LOVE the pics and the video!! :chili: Oh look at those happy faces. And the look of actual pride on Crystal's face after she stayed on the board with her first jump is just the best!! Soooo much fun! Way to go to both Snowy and Crystal. But the girl in me has to say WooHoo to girl power and have just a bit of female pride that it was Crystal who made the first leap unto the board. :thumbsup:


----------



## Snowbody (Jan 3, 2009)

:chili::chili: Kat, there was a 60's song in the US by the Beach Boys called Surfin' Surfari and it goes:

Let's go surfin' now
Everybody's learning how
Come on and safari with me...

That's your Snowy and Crystal Love how at home they feel in water on their boogie board. I noticed that you had the ball on it or attached to it in some shots - what a great idea to entice them. They are amazing and so lucky to have such a cool mom!!B) Can't wait until lesson #2.


----------



## Harley & Dakotas Mum (Jun 11, 2005)

Wonderful pics & video Kat!! Your Snowy & Crystal are amazing, and so lucky to have you take them on fun adventures!!!


----------



## cyndrae (Aug 30, 2009)

Great pictures! it is amazing how much they love the water.


----------



## Maglily (Feb 3, 2009)

what fun! those two pups are so lucky to swim and play, they really do have a good time. Can't wait to see their next lesson.


----------



## MoonDog (Jun 6, 2011)

I enjoyed that very much Kat! You are AMAZING and are raising AMAZING malts!!! I am in awe.


----------



## joyomom (Jan 13, 2008)

OMG!!!! Sooooo adorable!

Sharing this with my son who surfs.......he'll enjoy seeing them : )
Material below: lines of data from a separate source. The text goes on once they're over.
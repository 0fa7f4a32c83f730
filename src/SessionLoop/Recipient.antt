-- ===== src/SessionLoop/Recipient.antt =====
-- Whom `_pick_recipient` of session_loop.py hands a turn to.
use code_workflow.Prelude.{
  ◌≡◌, ◌≢◌, ◌↔◌, refl, sym, ◌∙◌, String, none, arith, str_eq, eq_iff, lower, Bool-cases, inl, inr,
}
use code_workflow.Fsm.{EventKind}
use code_workflow.SessionLoop.{developer, role_of_kind, pick_recipient}

-- If the two logins differ in more than case, an event without a fixed recipient goes to a login
-- that is not the sender's, and to the developer exactly if the sender is the architect.
pub pick_recipient_other :
    (kind : EventKind) (architect_login developer_login sender : String)
    → role_of_kind kind ≡ none
    → lower architect_login ≢ lower developer_login
    → (lower (pick_recipient kind architect_login developer_login sender).1 ≢ lower sender)
      × (((pick_recipient kind architect_login developer_login sender).0 ≡ developer)
          ↔ (lower sender ≡ lower architect_login))
unfolding pick_recipient
pick_recipient_other kind a d sender free ne = elim (Bool-cases (str_eq (lower sender) (lower a))) [
  | inl e ↦
      let same = (eq_iff (lower sender) (lower a)).0 e in
      rw (pick_recipient, free, e) (λ h. ne (sym (h ∙ same)), (λ h. same, λ h. refl))
  | inr e ↦
      let differ : lower sender ≢ lower a =
        λ h. ground (arith, eq_iff (lower sender) (lower a), h) in
      rw (pick_recipient, free, e) (λ h. differ (sym h), (λ h. cc h, λ h. absurd (differ h)))
]
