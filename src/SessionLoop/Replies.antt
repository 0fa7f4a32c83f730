-- ===== src/SessionLoop/Replies.antt =====
-- The owner's reply, in session_loop.py, to a session that has been escalated.
use Prim.Native.String.append
use Prim.Native.String.{◌++◌ as append_text}
use text.Mathlib.TextPositions.{starts_with-append}
use code_workflow.Prelude.{
  suc, ℕ, String, ◌≡◌, ◌≢◌, refl, ap, sym, ◌∙◌, Option, none, some, List, [], ◌∷◌, Bool, true,
  false, starts_with, if◌then◌else◌, arith,
}
use code_workflow.Prelude.Int.{pos}
use code_workflow.Fsm.{SessionState, owner_reply, paused_human, closed, is_terminal}
use code_workflow.Store.Rows.{Store, Session, done}
use code_workflow.Store.Deliveries.{set_delivery_status}
use code_workflow.Store.Sessions.Writes.{find}
use code_workflow.SessionLoop.{
  posted_reason, prev_state, clip, close_reconcile_prefix, close_reconcile_held,
  resume_from_escalation,
}
use code_workflow.SessionLoop.Pause.{
  Escalating, paused_row, escalate_by, escalate_found, IsResumed, resume_lem,
}
use code_workflow.SessionLoop.Process.{Incoming, World, finished, Outside, put, end_handled}
use code_workflow.SessionLoop.Process.Route.{Routed, routed, reply_to_pause}

-- The escalations in order; an error ends the run.
unfoldable pub escalate_all : String → List Escalating → Store → Option Store
escalate_all key [] s = some s
escalate_all key (e ∷ es) s = elim (escalate_by key e s) [
  | none ↦ none
  | some s' ↦ escalate_all key es s'
]

abbrev pub last_of : Escalating → List Escalating → Escalating
last_of e [] = e
last_of e (e' ∷ es) = last_of e' es

-- The reason of the pause that an escalation writes.
abbrev reason_of : Escalating → String
reason_of e =
    let reason = posted_reason e.reason e.posted in
    clip 500 (if e.hold then append_text close_reconcile_prefix reason else reason)

-- The pause is a hold of a closed issue: the escalation asked for one, or its reason reads as one.
abbrev pub is_held : Escalating → Bool
is_held e = starts_with (reason_of e) close_reconcile_prefix

-- The length of a text, added to a number.
abbrev add_length : String → ℕ → ℕ
add_length String.[] n = n
add_length (String.◌∷◌ c s) n = suc (add_length s n)

clip-append :
    (s t : String) (n : ℕ) → clip (add_length s n) (append_text s t) ≡ append_text s (clip n t)
clip-append String.[] t n = ap (clip n) (append.nil t) ∙ sym (append.nil (clip n t))
clip-append (String.◌∷◌ c s) t n =
    ap (clip (suc (add_length s n))) (append.cons c s t)
    ∙ ap (λ u. String.◌∷◌ c u) (clip-append s t n)
    ∙ sym (append.cons c s (clip n t))

pub hold-is_held : (e : Escalating) → e.hold ≡ true → is_held e ≡ true
hold-is_held e h =
    let reason = posted_reason e.reason e.posted in
    rw (h, clip-append close_reconcile_prefix reason 484)
      (starts_with-append close_reconcile_prefix (clip 484 reason))

-- What a run of escalations, the last of them `e`, leaves of the session that was in state `from`.
abbrev IsPausedBy : Escalating → SessionState → String → Store → Session → Type 0
IsPausedBy e from key s p =
    (find key s ≡ some p)
    × (p.state ≡ paused_human)
    × (p.resume_state ≡ some from)
    × (p.paused_reason ≡ some (reason_of e))

escalate_again :
    (from : SessionState) (key : String) (e : Escalating) (es : List Escalating) (s : Store)
    (p : Session)
    → IsPausedBy e from key s p
    → (q : Store) × (p' : Session) × (escalate_all key es s ≡ some q)
      × IsPausedBy (last_of e es) from key q p'
unfolding escalate_all
escalate_again from key e [] s p h = (s, p, refl, h)
escalate_again from key e (e' ∷ es) s p (found, paused, back, why) =
    let (s1, written, row) = escalate_found key e' s found (λ c. ground (arith, c, paused)) in
    let again : prev_state p ≡ from = rw (paused, back) refl in
    let (s2, p', rest, last) =
      escalate_again from key e' es s1 (paused_row e' p) (row, refl, ap some again, refl) in
    (s2, p', rw (escalate_all, written) rest, last)

escalate_all-IsPausedBy :
    (key : String) (first : Escalating) (more : List Escalating) (s : Store) (x : Session)
    → find key s ≡ some x
    → x.state ≢ paused_human
    → x.state ≢ closed
    → (q : Store) × (p : Session) × (escalate_all key (first ∷ more) s ≡ some q)
      × IsPausedBy (last_of first more) x.state key q p
unfolding escalate_all
escalate_all-IsPausedBy key first more s x found running live =
    let (s1, written, row) = escalate_found key first s found live in
    let from : prev_state x ≡ x.state = ground arith in
    let (q, p, rest, still) =
      escalate_again x.state key first more s1 (paused_row first x)
        (row, refl, ap some from, refl) in
    (q, p, rw (escalate_all, written) rest, still)

held_by :
    (e : Escalating) (p : Session)
    → p.state ≡ paused_human
    → p.paused_reason ≡ some (reason_of e)
    → close_reconcile_held p.state p ≡ is_held e
unfolding close_reconcile_held
held_by e p paused why = rw (paused, why) refl

-- A comment of the owner, once it has been classified and routed for a paused session.
abbrev pub reply_of : Outside → Incoming → Session → Routed
reply_of o e p = routed o (record {
  taken = record {
    incoming = e;
    issue_num = pos p.issue_num;
    session_key = p.session_key;
    sess = p;
    architect = p.architect;
    developer = p.developer;
  };
  state = p.state;
  paused = true;
  kind = owner_reply;
})

module _ (o : Outside) (e : Incoming) (w : World) where
  -- The reply to a hold ends the delivery.
  to_hold :
      (p : Session)
      → close_reconcile_held p.state p ≡ true
      → reply_to_pause o (reply_of o e p) w
        ≡ finished (put (set_delivery_status e.delivery_id done w.store) w)
  to_hold p h = rw h refl

  -- The reply to a question hands the resumed session on to the turn.
  to_question :
      (p : Session) (r : Store)
      → p.state ≡ paused_human
      → close_reconcile_held p.state p ≡ false
      → resume_from_escalation o.now p e.delivery_id w.store ≡ some r
      → reply_to_pause o (reply_of o e p) w
        ≡ end_handled (o.resume_turn e p (pos p.issue_num) (put r w))
  unfolding is_terminal
  to_question p r paused h resumed = rw (h, resumed, paused) refl

-- A session that is neither paused nor CLOSED can be escalated any number of times: it is paused. If the
-- last escalation asked for no hold, and its reason does not begin as that of a hold, then the owner's
-- reply hands on, to the turn that follows, a store in which the session is back in the state it had
-- before the first escalation, a terminal one included: nothing is left of the pause, the two counters
-- are 0 and no escalation of it is open.
pub escalations-resume :
    (o : Outside) (e : Incoming) (w : World) (key : String) (first : Escalating)
    (more : List Escalating) (s : Store) (x : Session)
    → find key s ≡ some x
    → x.state ≢ paused_human
    → x.state ≢ closed
    → is_held (last_of first more) ≡ false
    → (q : Store) × (p : Session) × (r : Store) × (escalate_all key (first ∷ more) s ≡ some q)
      × (find key q ≡ some p)
      × (p.state ≡ paused_human)
      × (reply_to_pause o (reply_of o e p) (put q w)
          ≡ end_handled (o.resume_turn e p (pos p.issue_num) (put r (put q w))))
      × IsResumed x.state key r
escalations-resume o e w key first more s x found running live question =
    let (q, p, written, still) = escalate_all-IsPausedBy key first more s x found running live in
    let (at_q, paused, back, why) = still in
    let (r, resumed, restored) =
      resume_lem o.now key e.delivery_id x.state q p at_q paused back running in
    let lifted = held_by (last_of first more) p paused why ∙ question in
    (q, p, r, written, at_q, paused, to_question o e (put q w) p r paused lifted resumed, restored)

-- If a session that is neither paused nor CLOSED is escalated any number of times, and the last escalation
-- asked for a hold, as that of a closed issue does, then it is paused, and the owner's reply only ends
-- its delivery as done: the session stays paused, with the state it had before the first escalation as
-- the one to resume.
pub escalations-stay_held :
    (o : Outside) (e : Incoming) (w : World) (key : String) (first : Escalating)
    (more : List Escalating) (s : Store) (x : Session)
    → find key s ≡ some x
    → x.state ≢ paused_human
    → x.state ≢ closed
    → (last_of first more).hold ≡ true
    → (q : Store) × (p : Session) × (escalate_all key (first ∷ more) s ≡ some q)
      × (reply_to_pause o (reply_of o e p) (put q w)
          ≡ finished (put (set_delivery_status e.delivery_id done q) w))
      × (find key (set_delivery_status e.delivery_id done q) ≡ some p)
      × (p.state ≡ paused_human)
      × (p.resume_state ≡ some x.state)
unfolding set_delivery_status
escalations-stay_held o e w key first more s x found running live hold =
    let (q, p, written, still) = escalate_all-IsPausedBy key first more s x found running live in
    let (at_q, paused, back, why) = still in
    let last = last_of first more in
    let held = held_by last p paused why ∙ hold-is_held last hold in
    (q, p, written, to_hold o e (put q w) p held, at_q, paused, back)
It must have been a lot of fun ! Thanks for sharing!


----------



## Katkoota (Feb 18, 2006)

munchkn8835 said:


> Ollie doesn't want to get near any water....except his water bowl occasionally! *How did you get them to like the water?* We have a house on the river in TN and it would be so nice to have him play in the river.


It all started with Snowy, one day when he dived after my lil brother's toy in the pool. THAT was unexpected and totally surprising. 
With Crystal, however, she learned it through Snowy. She used to observe while he dived. She used to run around the pool trying to get as close to him as possible, until one day, she jumped on her own. 
Let me see if I can find the threads that I shared which have the longer version of "how" it all started with the malts 



jenniferhope423 said:


> Kat this is so awesome!! I love seeing Snowy and Crystal pictures :wub: Surfing Malts are just adorable. I can't wait to see *more video of them catching the waves!!!*


Once we get the life jackets, we will move to catching the waves lesson  and you bet, there will be a video to share ^_^ Glad that you liked this 



RudyRoo said:


> Thanks for sharing Kat! I absolutely love to see those water babies of yours. *They always look so happy, fulfilled, and full of energy!*


awwh and that is what I aim for with these two creatures :wub: :wub: and hope that I do it right for them.
Swimming is a good energy releaser for them. You find them resting nicely after that 



michellerobison said:


> I knew we'd be surfing Malts..they're so talented! I love the playing in the sand shots too. Sooo cute!!!!
> People say they're "Hanging 10" when they surf...They need tags that say "Hanging 20" now.:HistericalSmiley:


Aren't malts awesome?! They got the looks, brain and talent. We are being owned by the best breed out there :chili:

haha and I guess that S&C probably do need new tags :HistericalSmiley:


----------



## Katkoota (Feb 18, 2006)

Bonnie's Mommie said:


> You never cease to amaze me, Kat! S&C are so lucky to have you as a mom, you are forever challenging them and stimulating them physically and mentally. I KNOW that they are two of the happiest Malts around, certainly the most athletic!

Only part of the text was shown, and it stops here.